Beneath this instruction is a listing; print exactly the lines in it starting at the line that contains "Reach-IsCounted_example = Reach-IsCounted" and going through the line that contains "returns (record default_agg".

| Data to use |
+ + + + + + +
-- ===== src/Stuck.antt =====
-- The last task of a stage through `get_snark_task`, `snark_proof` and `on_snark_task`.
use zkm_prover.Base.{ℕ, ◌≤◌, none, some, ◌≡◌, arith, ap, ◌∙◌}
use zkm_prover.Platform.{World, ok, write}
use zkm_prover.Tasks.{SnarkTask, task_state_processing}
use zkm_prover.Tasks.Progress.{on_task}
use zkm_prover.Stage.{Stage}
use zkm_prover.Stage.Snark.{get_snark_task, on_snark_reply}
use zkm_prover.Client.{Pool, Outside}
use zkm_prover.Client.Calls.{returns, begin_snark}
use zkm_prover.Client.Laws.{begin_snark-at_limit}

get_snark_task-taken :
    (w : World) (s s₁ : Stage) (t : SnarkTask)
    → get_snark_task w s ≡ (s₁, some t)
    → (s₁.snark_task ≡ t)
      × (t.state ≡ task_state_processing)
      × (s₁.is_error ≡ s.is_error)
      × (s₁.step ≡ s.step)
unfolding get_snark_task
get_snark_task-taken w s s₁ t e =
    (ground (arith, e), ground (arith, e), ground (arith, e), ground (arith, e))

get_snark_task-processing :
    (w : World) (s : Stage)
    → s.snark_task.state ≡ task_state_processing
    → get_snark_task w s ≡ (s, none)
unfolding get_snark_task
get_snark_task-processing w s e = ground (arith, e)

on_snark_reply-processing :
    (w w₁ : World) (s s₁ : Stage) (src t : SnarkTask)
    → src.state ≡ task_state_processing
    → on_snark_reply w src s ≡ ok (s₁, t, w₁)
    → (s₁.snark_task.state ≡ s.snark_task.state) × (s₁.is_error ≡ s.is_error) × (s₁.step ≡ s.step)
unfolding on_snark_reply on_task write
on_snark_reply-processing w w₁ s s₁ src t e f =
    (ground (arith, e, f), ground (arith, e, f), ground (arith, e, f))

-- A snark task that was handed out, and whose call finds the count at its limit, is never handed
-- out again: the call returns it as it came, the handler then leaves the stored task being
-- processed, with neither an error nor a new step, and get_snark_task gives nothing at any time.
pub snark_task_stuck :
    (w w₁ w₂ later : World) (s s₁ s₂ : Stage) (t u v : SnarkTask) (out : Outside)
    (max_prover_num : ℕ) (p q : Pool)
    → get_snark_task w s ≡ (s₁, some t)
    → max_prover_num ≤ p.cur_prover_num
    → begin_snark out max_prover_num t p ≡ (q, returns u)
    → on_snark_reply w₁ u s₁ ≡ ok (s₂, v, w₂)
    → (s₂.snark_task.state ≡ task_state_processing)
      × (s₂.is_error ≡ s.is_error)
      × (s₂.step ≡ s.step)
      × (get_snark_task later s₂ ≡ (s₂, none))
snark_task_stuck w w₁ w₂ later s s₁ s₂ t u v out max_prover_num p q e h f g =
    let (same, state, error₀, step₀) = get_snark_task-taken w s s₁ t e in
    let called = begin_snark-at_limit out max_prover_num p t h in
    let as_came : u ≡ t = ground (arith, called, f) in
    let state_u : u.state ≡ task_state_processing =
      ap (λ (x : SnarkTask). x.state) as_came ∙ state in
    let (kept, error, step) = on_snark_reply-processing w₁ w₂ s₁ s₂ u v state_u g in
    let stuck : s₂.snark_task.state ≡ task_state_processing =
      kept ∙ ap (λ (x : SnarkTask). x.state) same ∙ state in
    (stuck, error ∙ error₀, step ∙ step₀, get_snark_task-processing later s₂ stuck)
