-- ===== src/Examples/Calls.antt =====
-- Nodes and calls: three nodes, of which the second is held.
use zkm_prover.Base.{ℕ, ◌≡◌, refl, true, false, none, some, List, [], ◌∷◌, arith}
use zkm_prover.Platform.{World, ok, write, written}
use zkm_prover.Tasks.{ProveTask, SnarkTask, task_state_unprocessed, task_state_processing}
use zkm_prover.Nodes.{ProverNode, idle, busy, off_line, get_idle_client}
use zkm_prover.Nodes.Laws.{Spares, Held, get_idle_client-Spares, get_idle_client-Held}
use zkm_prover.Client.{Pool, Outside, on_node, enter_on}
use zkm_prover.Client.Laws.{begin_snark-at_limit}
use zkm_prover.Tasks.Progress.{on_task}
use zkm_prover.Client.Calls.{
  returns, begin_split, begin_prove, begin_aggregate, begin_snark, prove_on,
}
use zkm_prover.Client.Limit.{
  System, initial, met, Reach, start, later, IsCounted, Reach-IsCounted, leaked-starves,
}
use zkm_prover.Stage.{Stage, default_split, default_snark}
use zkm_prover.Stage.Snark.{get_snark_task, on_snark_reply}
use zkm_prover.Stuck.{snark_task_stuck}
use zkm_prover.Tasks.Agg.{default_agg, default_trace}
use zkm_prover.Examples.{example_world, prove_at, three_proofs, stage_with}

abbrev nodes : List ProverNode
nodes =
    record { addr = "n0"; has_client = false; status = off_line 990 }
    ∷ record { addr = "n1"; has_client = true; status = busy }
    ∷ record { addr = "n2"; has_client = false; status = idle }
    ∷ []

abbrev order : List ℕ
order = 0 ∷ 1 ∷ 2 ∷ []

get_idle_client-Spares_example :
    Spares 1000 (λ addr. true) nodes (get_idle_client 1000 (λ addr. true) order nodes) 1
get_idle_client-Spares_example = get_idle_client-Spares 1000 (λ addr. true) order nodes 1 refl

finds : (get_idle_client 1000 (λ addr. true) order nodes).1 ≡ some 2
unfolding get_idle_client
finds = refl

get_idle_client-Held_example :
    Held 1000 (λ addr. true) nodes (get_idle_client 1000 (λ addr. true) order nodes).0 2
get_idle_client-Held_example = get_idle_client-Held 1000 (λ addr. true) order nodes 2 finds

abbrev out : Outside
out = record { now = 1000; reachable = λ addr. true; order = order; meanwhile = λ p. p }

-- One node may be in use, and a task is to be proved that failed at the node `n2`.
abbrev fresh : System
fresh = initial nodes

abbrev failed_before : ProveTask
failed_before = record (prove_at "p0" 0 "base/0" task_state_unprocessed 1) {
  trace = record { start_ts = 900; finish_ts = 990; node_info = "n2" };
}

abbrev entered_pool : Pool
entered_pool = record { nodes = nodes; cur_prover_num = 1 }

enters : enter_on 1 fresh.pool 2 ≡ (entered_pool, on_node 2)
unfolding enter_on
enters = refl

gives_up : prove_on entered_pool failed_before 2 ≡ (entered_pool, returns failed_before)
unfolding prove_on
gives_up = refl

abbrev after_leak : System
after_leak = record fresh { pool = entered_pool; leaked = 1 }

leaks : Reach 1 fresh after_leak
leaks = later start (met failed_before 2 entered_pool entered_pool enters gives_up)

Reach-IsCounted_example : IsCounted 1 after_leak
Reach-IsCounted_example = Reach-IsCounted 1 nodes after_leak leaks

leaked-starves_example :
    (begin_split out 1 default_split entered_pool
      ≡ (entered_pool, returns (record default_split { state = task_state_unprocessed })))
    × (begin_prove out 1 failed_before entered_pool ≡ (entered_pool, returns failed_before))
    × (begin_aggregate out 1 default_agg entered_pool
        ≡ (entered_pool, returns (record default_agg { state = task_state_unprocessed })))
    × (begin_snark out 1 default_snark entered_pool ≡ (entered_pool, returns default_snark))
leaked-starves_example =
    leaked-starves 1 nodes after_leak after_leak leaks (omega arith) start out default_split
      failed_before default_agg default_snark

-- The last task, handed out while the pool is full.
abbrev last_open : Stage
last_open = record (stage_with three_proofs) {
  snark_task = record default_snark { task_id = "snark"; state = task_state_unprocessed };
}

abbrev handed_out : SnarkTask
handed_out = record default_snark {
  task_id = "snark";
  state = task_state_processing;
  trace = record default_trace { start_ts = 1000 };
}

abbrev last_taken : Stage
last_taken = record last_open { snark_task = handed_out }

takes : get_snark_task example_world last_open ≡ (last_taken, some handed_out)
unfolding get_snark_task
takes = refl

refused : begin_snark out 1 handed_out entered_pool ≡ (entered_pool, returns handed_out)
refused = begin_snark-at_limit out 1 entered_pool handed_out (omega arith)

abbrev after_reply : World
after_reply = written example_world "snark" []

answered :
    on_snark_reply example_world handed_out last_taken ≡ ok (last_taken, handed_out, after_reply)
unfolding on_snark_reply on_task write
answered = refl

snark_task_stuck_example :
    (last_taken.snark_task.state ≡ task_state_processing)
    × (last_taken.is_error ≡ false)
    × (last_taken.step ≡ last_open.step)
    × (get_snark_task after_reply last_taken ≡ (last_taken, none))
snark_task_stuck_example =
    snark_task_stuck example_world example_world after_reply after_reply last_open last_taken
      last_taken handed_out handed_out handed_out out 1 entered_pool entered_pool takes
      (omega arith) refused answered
+ + + + + + +
| Result |
Reach-IsCounted_example = Reach-IsCounted 1 nodes after_leak leaks

leaked-starves_example :
    (begin_split out 1 default_split entered_pool
      ≡ (entered_pool, returns (record default_split { state = task_state_unprocessed })))
    × (begin_prove out 1 failed_before entered_pool ≡ (entered_pool, returns failed_before))
    × (begin_aggregate out 1 default_agg entered_pool
        ≡ (entered_pool, returns (record default_agg { state = task_state_unprocessed })))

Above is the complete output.